P. 100, lines 19 to line 24:
Q: You would deny, I take it, that you solicited any business from any of those merchants that are described in paragraph 24 of the Statement of Claim?
A. Before or after?
Q. Either one.
A. I deny that, yes.

P. 101 lines 3, 4 and 5:
Q: Do you or does Davetech act as a host, again to use your term, for any ATMs?
A: No.

[6] Mr. Faria was then asked specifically whether he did any work for a number of specific companies after he stopped working for Security Bancorp on June 15, 2006. He answered “No” to each of those questions.

[7] As a result of those examinations for discovery the Plaintiff obtained an order from a Master in the Court of Queen’s Bench to obtain information from a third party, TNS Smart Networks. That information confirmed that terminals had been set up between May 10, 2006 and June 14, 2006 with David Faria Services at the locations referred to in the examinations for discovery. This information clearly indicated that Mr. Faria had not been truthful in his testimony when he indicated that he had no dealings with these particular businesses and that he had not operated an ABM machine at those locations.

Analysis

[8] Neither party could provide any cases which deal with the issue of whether lying under oath at examination for discovery is contempt of court. Most cases that deal with this issue deal with it by way of a costs order. The Plaintiff here says however that this is far more serious than simply directing costs as against a party. It puts the entire administration of justice into disrepute. The discovery process is part of the court process and governed by the Rules of Court. The deponent takes an oath to tell the truth.

[9] The Defendant argues that this conduct does not fall under Rule 703 of the Alberta Rules of Court which deals with contempt. The Plaintiff says that the powers for contempt are broad and specifically cites Rule 703 (3) which indicates

... cite in contempt those who disobey the lawful orders of the court or who otherwise display contempt for its process ...

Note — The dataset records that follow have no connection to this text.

-- ===== src/Rpc/ClientAuth/Calls.antt =====
-- How often a client authenticates.
use Prim.Native.String.{◌++◌ as append}
use goutils.Common.{
  Option, some, String, ◌≡◌, refl, sym, ap, ◌∙◌, Bool, true, false, none, List, [], ◌∷◌, All,
  if◌then◌else◌,
}
use goutils.Rpc.Dial.{Outcome, done, failed, is_unset}
use goutils.Rpc.DialDirect.{JwtCredentials}
use goutils.Rpc.ClientAuth.{
  Code, AuthClient, own_token, kept, external_token, authenticate, forgets, intercept,
  is_auth_service, bearer, get_request_metadata,
}

-- a call that is to be sent, or the code of one that has been answered
pub data Event : Type 0 where
  sends : List String → Event
  answered : Code → Event

-- Not an answer that makes the client forget its token.
abbrev pub IsAccepted : Event → Type 0
IsAccepted (sends uris) = Unit
IsAccepted (answered c) = forgets c ≡ false

-- the header of each call with the token; a call of the service that authenticates has none
abbrev pub headers_with : String → List Event → List (Outcome (Option String))
headers_with token [] = []
headers_with token (sends uris ∷ es) =
    done (if is_auth_service uris then none else some (append "Bearer " token))
    ∷ headers_with token es
headers_with token (answered c ∷ es) = headers_with token es

module _ {S : Type 0} (client : AuthClient S) where
  abbrev pub step : Event → JwtCredentials × S → JwtCredentials × S
  step (sends uris) (j, s) = (get_request_metadata client uris j s).1
  step (answered c) (j, s) = (intercept c j, s)

  unfoldable pub run : List Event → JwtCredentials × S → JwtCredentials × S
  unfolding get_request_metadata intercept
  run [] s = s
  run (e ∷ es) s = run es (step e s)

  authenticate_kept :
      (j : JwtCredentials) (s : S)
      → is_unset j.access_token ≡ false
      → authenticate client j s ≡ (done j.access_token, (j, s))
  unfolding authenticate
  authenticate_kept j s h =
      ap
        (λ b.
          if b
          then kept j (external_token client j (own_token client j s))
          else (done j.access_token, (j, s)))
        h

  step_kept :
      (e : Event) (j : JwtCredentials) (s : S)
      → is_unset j.access_token ≡ false
      → IsAccepted e
      → step e (j, s) ≡ (j, s)
  unfolding get_request_metadata intercept
  step_kept (sends uris) j s h a =
      ap (λ r. (if is_auth_service uris then (done none, (j, s)) else bearer r).1)
        (authenticate_kept j s h)
      ∙ same (is_auth_service uris)
    where
      same :
          (b : Bool)
          → (if b then (done none, (j, s)) else bearer (done j.access_token, (j, s))).1 ≡ (j, s)
      same true = refl
      same false = refl
  step_kept (answered c) j s h a = ap (λ b. (if b then record j { access_token = "" } else j, s)) a

  run_kept :
      (es : List Event) (j : JwtCredentials) (s : S)
      → is_unset j.access_token ≡ false
      → All IsAccepted es
      → run es (j, s) ≡ (j, s)
  unfolding run
  run_kept [] j s h a = refl
  run_kept (e ∷ es) j s h (a, rest) = ap (run es) (step_kept e j s h a) ∙ run_kept es j s h rest

  authenticate-token :
      (j k : JwtCredentials) (s t : S) (token : String)
      → authenticate client j s ≡ (done token, (k, t))
      → k.access_token ≡ token
  unfolding authenticate
  authenticate-token j k s t token h =
      go (is_unset j.access_token) (external_token client j (own_token client j s)) h
    where
      go :
          (b : Bool) (r : Outcome String × S)
          → (if b then kept j r else (done j.access_token, (j, s))) ≡ (done token, (k, t))
          → k.access_token ≡ token
      go false r p =
          let same : j.access_token ≡ token = cc in
          let left : j ≡ k = ap (λ x. x.1.0) p in ap (λ x. x.access_token) (sym left) ∙ same
      go true (failed e, u) p = absurd (cc (ap (λ x. x.0) p))
      go true (done v, u) p =
          let first : done v ≡ done token = ap (λ x. x.0) p in
          let same : v ≡ token = cc in ap (λ x. x.1.0.access_token) (sym p) ∙ same

  -- what the calls that are sent go with
  unfoldable pub answers : List Event → JwtCredentials × S → List (Outcome (Option String))
  unfolding get_request_metadata intercept
  answers [] s = []
  answers (sends uris ∷ es) (j, s) =
      (get_request_metadata client uris j s).0 ∷ answers es (step (sends uris) (j, s))
  answers (answered c ∷ es) s = answers es (step (answered c) s)

  get_request_metadata-kept :
      (uris : List String) (j : JwtCredentials) (s : S) (token : String)
      → j.access_token ≡ token
      → is_unset j.access_token ≡ false
      → (get_request_metadata client uris j s).0
        ≡ done (if is_auth_service uris then none else some (append "Bearer " token))
  unfolding get_request_metadata
  get_request_metadata-kept uris j s token e h =
      ap (λ r. (if is_auth_service uris then (done none, (j, s)) else bearer r).0)
        (authenticate_kept j s h)
      ∙ same (is_auth_service uris)
    where
      same :
          (b : Bool)
          → (if b then (done none, (j, s)) else bearer (done j.access_token, (j, s))).0
            ≡ done (if b then none else some (append "Bearer " token))
      same true = refl
      same false = ap (λ t. done (some (append "Bearer " t))) e

  answers-kept :
      (es : List Event) (j : JwtCredentials) (s : S) (token : String)
      → j.access_token ≡ token
      → is_unset j.access_token ≡ false
      → All IsAccepted es
      → answers es (j, s) ≡ headers_with token es
  unfolding answers
  answers-kept [] j s token e h a = refl
  answers-kept (sends uris ∷ es) j s token e h (a, rest) =
      ap (λ x. x ∷ answers es (step (sends uris) (j, s)))
        (get_request_metadata-kept uris j s token e h)
      ∙ ap
          (λ p.
            done (if is_auth_service uris then none else some (append "Bearer " token))
            ∷ answers es p)
          (step_kept (sends uris) j s h tt)
      ∙ ap (λ l. done (if is_auth_service uris then none else some (append "Bearer " token)) ∷ l)
          (answers-kept es j s token e h rest)
  answers-kept (answered c ∷ es) j s token e h (a, rest) =
      ap (answers es) (step_kept (answered c) j s h a) ∙ answers-kept es j s token e h rest

  -- Once a client has a token that is not empty, whatever calls it sends and however they are answered,
  -- but for "unauthenticated" and "permission denied", it does not authenticate again: the server and
  -- the token are as they were, and each call goes with the header "Bearer " and the token, but one of
  -- the service that authenticates, which has none.
  pub authenticate-run :
      (j k : JwtCredentials) (s t : S) (token : String) (es : List Event)
      → authenticate client j s ≡ (done token, (k, t))
      → is_unset token ≡ false
      → All IsAccepted es
      → (run es (k, t) ≡ (k, t))
        × (answers es (k, t) ≡ headers_with token es)
        × (authenticate client k t ≡ (done token, (k, t)))
  authenticate-run j k s t token es h u a =
      let same = authenticate-token j k s t token h in
      let set : is_unset k.access_token ≡ false = ap is_unset same ∙ u in
      (
        run_kept es k t set a,
        answers-kept es k t token same set a,
        authenticate_kept k t set ∙ ap (λ x. (done x, (k, t))) same,
      )
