-- ===== src/Rpc/ClientAuth/Tests.antt =====
-- A client that authenticates once: the server counts the calls of Authenticate.
use goutils.Common.{ℕ, suc, ◌≡◌, refl, none, List, [], ◌∷◌}
use goutils.Rpc.DialOptions.{no_credentials}
use goutils.Rpc.Dial.{done}
use goutils.Rpc.DialDirect.{JwtCredentials}
use goutils.Rpc.ClientAuth.{
  ok_code, other_code, unauthenticated, AuthClient, authenticate, intercept,
}
use goutils.Rpc.ClientAuth.Calls.{
  Event, sends, answered, run, answers, headers_with, authenticate-run,
}

abbrev counting : AuthClient ℕ
counting = record {
  authenticate = λ n entity creds. (done "token", suc n);
  authenticate_to = λ n header entity. (done "external", suc n);
}

abbrev client : JwtCredentials
client = record {
  conn = none;
  entity = "robot";
  external_auth_to_entity = "";
  creds = no_credentials;
  access_token = "";
  external_auth_material = "";
}

abbrev with_token : JwtCredentials
with_token = record client { access_token = "token" }

abbrev some_events : List Event
some_events =
    sends []
    ∷ answered ok_code
    ∷ sends ("https://robot/proto.rpc.v1.AuthService" ∷ [])
    ∷ answered other_code
    ∷ []

first_call : authenticate counting client 0 ≡ (done "token", (with_token, 1))
unfolding authenticate
first_call = refl

authenticate-run_example :
    (run counting some_events (with_token, 1) ≡ (with_token, 1))
    × (answers counting some_events (with_token, 1) ≡ headers_with "token" some_events)
    × (authenticate counting with_token 1 ≡ (done "token", (with_token, 1)))
authenticate-run_example =
    authenticate-run counting client with_token 0 1 "token" some_events first_call refl
      (tt, (refl, (tt, (refl, tt))))

-- behind an answer "unauthenticated" it authenticates again
authenticates_again :
    authenticate counting (intercept unauthenticated with_token) 1 ≡ (done "token", (with_token, 2))
unfolding authenticate intercept
authenticates_again = refl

[10] I was able to locate two decisions which refer to this issue. The first is Orphan v. Roulston, 2000 BCSC 1062 (CanLII), 2000 BCSC 1062. In that decision the defendant initially refused to answer questions in discovery and was found in contempt. He later answered the questions but gave false answers. The Plaintiff brought an application to have the Defendant found in contempt for providing false evidence under oath during discovery. The Court refused to find the Defendant in contempt as there was no coercive or public purpose to be served by making a further declaration of contempt. However, in that case the defendant did concede that by providing false evidence in discovery he was in contempt of court. It appeared that the court determined that there was nothing further to be served by making a further declaration of contempt in the facts of that case.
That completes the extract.